Why the Isle of Man is NOT a tax haven

beach at Douglas, Isle of Man, at Dawn - Is it a tax haven?

Forty-two years ago when former assessor of income tax Mark Solly published ’The Isle of Man: Anatomy of a Tax Haven’, tax havens were places where there was lower taxation than you had at home, where you could set up your trading company or family trust or even move in yourself.

The motivation of those early users of tax havens was simply to pay less tax.

Paul Beckett, advocate
Paul Beckett, advocate
It was an innocent age, and if money laundering, criminal financing, bribery and corruption were in existence – and throughout the ages, everywhere, they have been – these did not feature in the commentaries on tax havens.

’Tax havens’ meant low or no tax, and nothing much else. But times changed, and the world became a much darker place.

Low tax rates are available in many countries, and low tax is no longer the determining factor. Instead, what sets a jurisdiction apart and marks it out as a tax haven today is secrecy, lack of transparency, the use of bizarre and artificially designed forms of companies, trusts, foundations, charities, insurance structures and the like; lip service paid to financial services regulations; and even a willingness to grant judicial immunity to those whose business they want to attract.

This sounds odd. Why would any government want to become largely dependent on income derived from such questionable activities?

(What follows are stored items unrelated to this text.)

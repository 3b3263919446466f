-- ===== src/Ipc/Buffer.antt =====
-- The buffer of `string_list_add`: no write leaves it, and a NUL ends what is in use.
use mathlib.Core.List.{append_assoc}
use router1_app.Prelude.{
  ℕ, zero, suc, ◌+◌, ◌-◌, ◌*◌, ◌≤◌, ◌≡◌, refl, ap, ◌∙◌, ◌⊎◌, inl, inr, true, [], ◌∷◌, ◌++◌, arith,
  ltb, leb, if◌then◌else◌, Bool-cases, Bytes, ok, length, drop, replicate, length-append,
  take-append, drop-append_add, false, ◌==◌, length-drop,
}
use router1_app.Ipc.{StringList, write, grow, string_list_add}

-- A write within the array behind its first part.
write_lem :
    (used src tail : Bytes)
    → length src ≤ length tail
    → write (used ++ tail) (length used) src ≡ ok (used ++ (src ++ drop (length src) tail))
unfolding write
write_lem used src tail fits =
    let inside : leb (length used + length src) (length (used ++ tail)) ≡ true =
      ground (arith, length-append used tail) in
    let behind : drop (length used + length src) (used ++ tail) ≡ drop (length src) tail =
      drop-append_add used (length src) tail in
    rw (inside, take-append used tail, behind) refl

-- The bytes in use are followed by a NUL, unless nothing is allocated.
pub record Holds (used : Bytes) (l : StringList) : Type 0 where
  pub tail : Bytes
  pub whole : l.buffer ≡ used ++ tail
  pub used_length : l.len ≡ length used
  pub cap_length : l.cap ≡ length used + length tail
  pub ended : ((used ≡ []) × (tail ≡ [])) ⊎ ((junk : Bytes) × (tail ≡ 0 ∷ junk))

-- After `grow` there is room for the text and a NUL.
record Room (used : Bytes) (size : ℕ) (l : StringList) : Type 0 where
  tail : Bytes
  whole : l.buffer ≡ used ++ tail
  used_length : l.len ≡ length used
  cap_length : l.cap ≡ length used + length tail
  fits : size + 1 ≤ length tail

length-replicate : (n v : ℕ) → length (replicate n v) ≡ n
length-replicate zero v = refl
length-replicate (suc n) v = ap suc (length-replicate n v)

grow-Room : (used : Bytes) (l : StringList) (size : ℕ) → Holds used l → Room used size (grow l size)
unfolding grow
grow-Room used l size h = elim (Bool-cases (leb (l.cap - l.len) size)) [
  | inr enough ↦ rw enough record {
    tail = h.tail;
    whole = h.whole;
    used_length = h.used_length;
    cap_length = h.cap_length;
    fits = ground (arith, enough, h.used_length, h.cap_length);
  }
  | inl short ↦
      let needed = l.len + size + 1 in
      let new_cap = if ltb (l.cap * 2) needed then needed else l.cap * 2 in
      let more : Bytes = replicate (new_cap - l.cap) 0 in
      let bound : (needed ≤ new_cap) × (l.cap ≤ new_cap) =
        ground (arith, h.used_length, h.cap_length) in
      let size_more = length-replicate (new_cap - l.cap) 0 in
      rw short record {
        tail = h.tail ++ more;
        whole = ap (λ (t : Bytes). t ++ more) h.whole ∙ append_assoc used h.tail more;
        used_length = h.used_length;
        cap_length = omega (arith, length-append h.tail more, size_more, bound, h.cap_length);
        fits =
            omega (arith, length-append h.tail more, size_more, bound, h.used_length, h.cap_length);
      }
]

-- The second write puts the NUL behind the text.
pub string_list_add-Holds :
    (used str : Bytes) (l : StringList)
    → Holds used l
    → (length str == 0) ≡ false
    → (l' : StringList) × (string_list_add l str ≡ ok l') × Holds (used ++ (str ++ (0 ∷ []))) l'
unfolding string_list_add
string_list_add-Holds used str l h nonempty =
    let size = length str + 1 in
    let src : Bytes = str ++ (0 ∷ []) in
    let g = grow l size in
    let r = grow-Room used l size h in
    let size_src : length src ≡ size = length-append str (0 ∷ []) in
    let rest : Bytes = drop size r.tail in
    let size_rest : length rest ≡ length r.tail - size = length-drop size r.tail in
    let room : length src ≤ length r.tail = omega (arith, size_src, r.fits) in
    let first : write g.buffer g.len src ≡ ok ((used ++ src) ++ rest) =
      rw
        (
          r.whole,
          r.used_length,
          write_lem used src r.tail room,
          size_src,
          append_assoc used src rest,
        )
        refl in
    let used' : Bytes = used ++ src in
    let size_used : length used' ≡ length used + size =
      omega (arith, length-append used src, size_src) in
    let place : g.len + size ≡ length used' = omega (arith, size_used, r.used_length) in
    let room' : 1 ≤ length rest = omega (arith, size_rest, r.fits) in
    let second : write (used' ++ rest) (g.len + size) (0 ∷ []) ≡ ok (used' ++ (0 ∷ drop 1 rest)) =
      rw (place, write_lem used' (0 ∷ []) rest room') refl in
    let nonzero : (size == 1) ≡ false = ground (arith, nonempty) in
    let l' : StringList = record {
      buffer = used' ++ (0 ∷ drop 1 rest);
      len = g.len + size;
      cap = g.cap;
    } in
    (
      l',
      rw (nonzero, first, second) refl,
      record {
        tail = 0 ∷ drop 1 rest;
        whole = refl;
        used_length = place;
        cap_length = omega (arith, r.cap_length, size_used, size_rest, length-drop 1 rest, r.fits);
        ended = inr (drop 1 rest, refl);
      },
    )
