-- ===== src/Ipc/Names.antt =====
-- The list of interfaces as a buffer, and the names that are read from it.
use router1_app.Prelude.{
  ℕ, ◌≡◌, [], ◌∷◌, ◌++◌, if◌then◌else◌, Bytes, length, false, ◌==◌, ◌<◌, List, All, none, some,
}
use router1_app.Ipc.{interfaces, Sockets, userspace_has_wireguard_interface, interface_name}

-- A name is a text without a NUL that is not empty.
abbrev pub IsText : Bytes → Type 0
IsText text = All (λ (c : ℕ). (c == 0) ≡ false) text

abbrev pub IsName : Bytes → Type 0
IsName name = ((length name == 0) ≡ false) × IsText name

-- The names, each ended by a NUL.
abbrev ended_names : List Bytes → Bytes
ended_names [] = []
ended_names (name ∷ names) = name ++ (0 ∷ ended_names names)

-- The names of the entries that end in the suffix and whose sockets answer.
abbrev pub offered : Sockets → List Bytes → List Bytes
offered s [] = []
offered s (entry ∷ entries) =
    let rest = offered s entries in
    elim (interface_name entry) [
      | none ↦ rest
      | some iface ↦ if userspace_has_wireguard_interface s iface then iface ∷ rest else rest
    ]

-- The buffer is longer than the list of its names, and any larger number of turns reads them.
abbrev pub Lists : List Bytes → Bytes → Type 0
Lists names buffer =
    (length names < length buffer) × ((n : ℕ) → length names < n → interfaces n buffer ≡ names)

Why would it enact legislation to make this possible, when that legislation would certainly not be something its people wanted, needed or even understood? Yet it is not a question of wanting to become dependent. It becomes something which cannot be resisted.

The phenomenon is known as ’finance sector capture’, and today’s true tax havens have all been taken prisoner in this way.

Whilst they are not necessarily mere palm-fringed sand spits called into international existence at the whim of taxation-averse plutocrats, kleptocrats and amoral corporations, in many cases tax havens have indeed been created of necessity from failing marginal or subsistence economies.

The IMF searched for what it called an ’operational definition’ in 2007 and concluded: ’Regardless of the motivations for non-residential financial dealings with OFCs (local savoir faire, zero taxation, lax regulations, etc) and the nature of the activities undertaken (banking, insurance, special purpose vehicles, or otherwise), the setting up of an OFC usually results from a conscious effort to specialise the economy in the export of financial services, in order to generate revenues that often constitute a critical proportion of the national income.’

Once this step has been taken, the dependence grows and grows.

Suddenly, the governments find themselves pressured into passing legislation which is designed to meet the expectations of the finance sector (an accusation which BBC Panorama has levelled against the members of Tynwald back in 2004).

By this point, so many residents are employed in the finance sector that any threat on its part to ship out to a friendlier, more accommodating jurisdiction would spell economic disaster.

So the weird legal structures are put into law, registers of their existence are abolished, questions about who owns and controls them go unasked, financial regulations becomes perfunctory at best, and huge financial penalties (even prison sentences) are imposed on anyone whistleblowing – the Bahamas, the British Virgin Islands and Switzerland take a very dim view of whistle blowers.

In this climate, these true tax havens can then drop any pretence of serving legitimate commercial purposes, and can offer their services to the highest bidder, promoting illicit fund flows, draining the treasuries of vulnerable nations, depriving whole peoples of the means to create health and education infrastructures, in short, promoting misery and want just in order to make a fat living out of a morally bankrupt ultra-wealthy privileged class.

The Isle of Man has a large financial services industry, but it has not been captured by its finance sector.

Votes in Tynwald are not for sale.

Legislation is not passed with a gun to their heads. The island has a diverse economy, the bulk of which exceeds the finance sector in income and employment.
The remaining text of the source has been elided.